Elisia[lasy Elisi] Wędrówka

Miasto przedstawia bardzo stereotypowy wygląd architektury przedstawianej w literaturze i malarstwie. Szare, kamienne domy w najbogatszej części miasta. Arystokracja ma nawet osobną dzielnicę. W miarę oddalania się od ogromnej katedry będącej centrum miasta, zabudowania rozrzedzają się, a kamienie są zamieniane na drewno i glinę.
Awatar użytkownika
Naeve
Szukający drogi
Posty: 35
Rejestracja: 13 lat temu
Rasa: Człowiek/Pradawny (czarodziejka)
Profesje:
Kontakt:

Post autor: Naeve »

Wpatrywała się w wilczycę, która wpatrywała się w nią.
Wiedziała, że powinna odczuwać strach, jednak to, co czuła było tylko cieniem tamtego uczucia, który nawet nie sprawił, że Naeve cofnęła się o krok lub dwa. Kiedy zwierzę wyraźnie zaprosiło ją do ognia, kobieta nie poczuła radości. Przynajmniej nie takiej, jaka powinna zagościć w jej sercu.
Miała wrażenie, że wszystkie uczucia są od nie oddalone. Pamiętała niektóre z nich, wiedziała, jak powinny wyglądać, jednak to, co faktycznie gościło w jej sercu było słabą ich namiastką. Myśl ta nawet jej nie zmartwiła.
Podeszła do ogniska i usiadła przy wilczycy, wyciągając dłonie w stronę ognia i grzała się w jego cieple.
Przymknęła oczy ciesząc się przyjemnymi dreszczami, kiedy ciepło rozchodziło się po jej niematerialnym ciele.
Awatar użytkownika
Elianan
Błądzący po drugiej stronie
Posty: 51
Rejestracja: 13 lat temu
Rasa:
Profesje:
Kontakt:

Post autor: Elianan »

Zwolniła. Przekradała się teraz pomiędzy drzewami i chociaż nie miała pojęcia dlaczego, wiedziała, że jeśli spod jej łap wymsknie się choć najcichszy dźwięk, ona sama nie ujdzie z życiem. Przekonanie to tkwiło w niej głęboko i było równie rzeczywiste jak to, że w całej sprawie chodzi o Mon-adhura. To drugie towarzyszyło jej od niedawna, jednak Elianan nie kwestionowała jego prawdziwości. Po prostu było i to jej wystarczało. Teraz musiała skupić się na czymś innym.

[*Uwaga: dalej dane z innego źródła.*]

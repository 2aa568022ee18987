-- ===== src/Core/Verify/BlockRules.antt =====
-- `VerifyBlock` of pkg/core/verify.go: its rules on transactions, its period test, and all of it.
use native.Mathlib.Nat.{mod-eq_of_lt}
use basiccoin.Base.{
  ℕ, ◌+◌, ◌%◌, ◌^◌, ◌<◌, ◌≤◌, ◌≡◌, ◌↔◌, true, false, not, List, [], ◌∷◌, arith, ltb, length, All,
  nat_beq_iff, not_ltb→le,
}
use basiccoin.Base.Eq.{◌==◌, nat_eq}
use basiccoin.Base.Result.{ok, >>=-eq-ok, guard-eq-ok, guard-ok}
use basiccoin.Base.Word.{add64}
use basiccoin.Core.Block.{Block, block_hash, block_max_txs}
use basiccoin.Core.Params.{Params}
use basiccoin.Core.Tx.{Tx, inputs_value, outputs_value}
use basiccoin.Core.Tx.Values.{exact_inputs, exact_outputs, inputs_value-mod, outputs_value-mod}
use basiccoin.Core.Verify.{
  InvVerifier, sum_rest, verify_block_txs, verify_period, last_in_period_test, verify_block,
  verify_block_isolated, verify_median, verify_target,
}
use basiccoin.Hash.{lt}
use basiccoin.Hash.Digest.{Sha256}

-- The worth of the inputs and of the outputs of a list of transactions, in unbounded arithmetic.
abbrev pub all_inputs : List Tx → ℕ
all_inputs [] = 0
all_inputs (tx ∷ txs) = exact_inputs tx.inputs + all_inputs txs

abbrev pub all_outputs : List Tx → ℕ
all_outputs [] = 0
all_outputs (tx ∷ txs) = exact_outputs tx.outputs + all_outputs txs

abbrev pub IsNormal : Tx → Type 0
IsNormal tx = tx.is_coinbase ≡ false

-- A coinbase made for this height, then other transactions; together with the reward the inputs
-- are worth the outputs, up to a multiple of 2^64.
abbrev pub IsBalanced : Params → ℕ → List Tx → Type 0
IsBalanced params height [] = ⊥
IsBalanced params height (first ∷ rest) =
    (first.min_block ≡ height)
    × (first.is_coinbase ≡ true)
    × All IsNormal rest
    × ((params.block_reward + all_inputs (first ∷ rest)) % 2 ^ 64
        ≡ all_outputs (first ∷ rest) % 2 ^ 64)

sum_rest_sound :
    (txs : List Tx) (i o i' o' : ℕ)
    → i < 2 ^ 64
    → o < 2 ^ 64
    → sum_rest txs i o ≡ ok (i', o')
    → All IsNormal txs
      × (i' ≡ (i + all_inputs txs) % 2 ^ 64)
      × (o' ≡ (o + all_outputs txs) % 2 ^ 64)
unfolding sum_rest
sum_rest_sound [] i o i' o' hi ho e = (tt, ground arith, ground arith)
sum_rest_sound (tx ∷ txs) i o i' o' hi ho e =
    let (normal, e₁) = guard-eq-ok (not tx.is_coinbase) _ _ e in
    let (all, si, so) =
      sum_rest_sound txs (add64 i (inputs_value tx)) (add64 o (outputs_value tx)) i' o'
        (omega arith) (omega arith) e₁ in
    (
      (ground arith, all),
      omega (arith, si, inputs_value-mod tx),
      omega (arith, so, outputs_value-mod tx),
    )

sum_rest_complete :
    (txs : List Tx) (i o : ℕ)
    → i < 2 ^ 64
    → o < 2 ^ 64
    → All IsNormal txs
    → sum_rest txs i o ≡ ok ((i + all_inputs txs) % 2 ^ 64, (o + all_outputs txs) % 2 ^ 64)
unfolding sum_rest
sum_rest_complete [] i o hi ho h = ground arith
sum_rest_complete (tx ∷ txs) i o hi ho h =
    let same_i : (add64 i (inputs_value tx) + all_inputs txs) % 2 ^ 64
        ≡ (i + all_inputs (tx ∷ txs)) % 2 ^ 64 =
      omega (arith, inputs_value-mod tx) in
    let same_o : (add64 o (outputs_value tx) + all_outputs txs) % 2 ^ 64
        ≡ (o + all_outputs (tx ∷ txs)) % 2 ^ 64 =
      omega (arith, outputs_value-mod tx) in
    simp (h.0, ← same_i, ← same_o)
      (sum_rest_complete txs (add64 i (inputs_value tx)) (add64 o (outputs_value tx)) (omega arith)
        (omega arith) h.1)

-- The checks of `VerifyBlock` on the transactions of a block pass exactly when the first is a
-- coinbase whose minimum block is the height, no other is a coinbase, and the block reward with
-- all inputs is worth the same as all outputs modulo 2^64.
pub verify_block_txs_iff :
    (params : Params) (height : ℕ) (txs : List Tx)
    → (verify_block_txs params height txs ≡ ok tt) ↔ IsBalanced params height txs
unfolding verify_block_txs
verify_block_txs_iff params height [] = ((λ e. ground arith), (λ h. absurd h))
verify_block_txs_iff params height (first ∷ rest) = (sound, complete)
  where
    ins : ℕ
    ins = add64 params.block_reward (inputs_value first)

    outs : ℕ
    outs = add64 0 (outputs_value first)

    sound :
        verify_block_txs params height (first ∷ rest) ≡ ok tt
        → IsBalanced params height (first ∷ rest)
    sound e =
        let (low, e₁) = guard-eq-ok (first.min_block == height) _ _ e in
        let (coinbase, e₂) = guard-eq-ok first.is_coinbase _ _ e₁ in
        let ((i, o), summed, e₃) = >>=-eq-ok (sum_rest rest ins outs) _ e₂ in
        let (normal, si, so) =
          sum_rest_sound rest ins outs i o (omega arith) (omega arith) summed in
        (
          (nat_beq_iff _ _).0 low,
          coinbase,
          normal,
          omega (
            arith,
            (nat_beq_iff i o).0 (guard-ok _ _ e₃),
            si,
            so,
            inputs_value-mod first,
            outputs_value-mod first,
          ),
        )

    complete :
        IsBalanced params height (first ∷ rest)
        → verify_block_txs params height (first ∷ rest) ≡ ok tt
    complete (low, coinbase, normal, even) =
        let even' : (ins + all_inputs rest) % 2 ^ 64 ≡ (outs + all_outputs rest) % 2 ^ 64 =
          omega (arith, inputs_value-mod first, outputs_value-mod first) in
        simp (
          (nat_beq_iff _ _).1 low,
          coinbase,
          sum_rest_complete rest ins outs (omega arith) (omega arith) normal,
          (nat_beq_iff _ _).1 even',
        )

-- The test whether a block is the last of its period is never passed, in periods of 2 or more.
last_in_period_test-false :
    (height period : ℕ)
    → 2 ≤ period
    → height + 1 < 2 ^ 64
    → last_in_period_test height period ≡ ok false
unfolding last_in_period_test
last_in_period_test-false height period h k = ground (arith, mod-eq_of_lt h)

-- The rule of `VerifyBlock` that the last block of a period is mined after its first one refuses
-- no block, when the period has 2 blocks or more and the height is below 2^64 - 1.
pub verify_period_idle :
    (params : Params) (inv : InvVerifier) (b : Block) (height : ℕ)
    → 2 ≤ params.difficulty_period
    → height + 1 < 2 ^ 64
    → verify_period params inv b height ≡ ok tt
unfolding verify_period
verify_period_idle params inv b height h k =
    rw (last_in_period_test-false height params.difficulty_period h k)

-- What a block that `VerifyBlock` accepts at the time `now` is known to satisfy.
pub record IsVerified ⦃sha : Sha256⦄ (params : Params) (inv : InvVerifier) (now : ℕ) (b : Block)
    : Type 0 where
  pub beats_target : lt (block_hash b) b.target ≡ true
  pub has_root : inv.has_merkle b.merkle_root ≡ true
  pub has_parent : inv.has_block b.prev_block_id ≡ true
  pub parent_height : ℕ
  pub height_known : inv.get_block_height b.prev_block_id ≡ ok parent_height
  pub txs : List Tx
  pub txs_known : inv.get_merkle_txs b.merkle_root ≡ ok txs
  pub balanced : IsBalanced params (add64 parent_height 1) txs
  pub size : ℕ
  pub size_known : inv.get_merkle_vsize b.merkle_root ≡ ok size
  pub size_fits : size ≤ params.max_block_vsize
  pub timely : b.mined_time ≤ add64 now 3600
  pub right_target : verify_target params inv b (add64 parent_height 1) ≡ ok tt

-- A block that `VerifyBlock` accepts beats its target, has a known parent and a known tree whose
-- transactions are balanced for its height and within the size limit, is not mined more than an
-- hour ahead of `now` (in uint64 arithmetic), and keeps the rules on targets.
pub verify_block_sound :
    ⦃sha : Sha256⦄ (params : Params) (inv : InvVerifier) (now : ℕ) (b : Block)
    → verify_block params inv now b ≡ ok tt
    → IsVerified params inv now b
unfolding verify_block verify_block_isolated
verify_block_sound params inv now b e =
    let (beats, e₁) = guard-eq-ok (lt (block_hash b) b.target) _ _ e in
    let (root, e₂) = guard-eq-ok (inv.has_merkle b.merkle_root) _ _ e₁ in
    let (parent, e₃) = guard-eq-ok (inv.has_block b.prev_block_id) _ _ e₂ in
    let (txs, txs_known, e₄) = >>=-eq-ok (inv.get_merkle_txs b.merkle_root) _ e₃ in
    let (some_txs, e₅) = guard-eq-ok (not (length txs == 0)) _ _ e₄ in
    let (most, _, e₆) = >>=-eq-ok (block_max_txs params) _ e₅ in
    let (few, e₇) = guard-eq-ok (not (ltb most (length txs))) _ _ e₆ in
    let (h, h_known, e₈) = >>=-eq-ok (inv.get_block_height b.prev_block_id) _ e₇ in
    let (_, even, e₉) = >>=-eq-ok (verify_block_txs params (add64 h 1) txs) _ e₈ in
    let (size, size_known, e₁₀) = >>=-eq-ok (inv.get_merkle_vsize b.merkle_root) _ e₉ in
    let (fits, e₁₁) = guard-eq-ok (not (ltb params.max_block_vsize size)) _ _ e₁₀ in
    let (_, _, e₁₂) = >>=-eq-ok (verify_median inv b) _ e₁₁ in
    let (_, _, e₁₃) = >>=-eq-ok (verify_period params inv b (add64 h 1)) _ e₁₂ in
    let (timely, e₁₄) = guard-eq-ok (not (ltb (add64 now 3600) b.mined_time)) _ _ e₁₃ in
    record {
      beats_target = beats;
      has_root = root;
      has_parent = parent;
      parent_height = h;
      height_known = h_known;
      txs = txs;
      txs_known = txs_known;
      balanced = (verify_block_txs_iff params (add64 h 1) txs).0 even;
      size = size;
      size_known = size_known;
      size_fits = not_ltb→le _ _ fits;
      timely = not_ltb→le _ _ timely;
      right_target = e₁₄;
    }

Gdy minęła niebezpieczny teren i znów zaczęła biec, ciekawość podpowiadała by przystanąć i się obejrzeć. Jednak za każdym razem, gdy była tuż tuż od zerknięcia choćby kątem oka za siebie, coś zakazywało jej czynienia tego. Popędziła więc dalej, nie poświęcając trawiącej ją ciekawości ani myśli więcej.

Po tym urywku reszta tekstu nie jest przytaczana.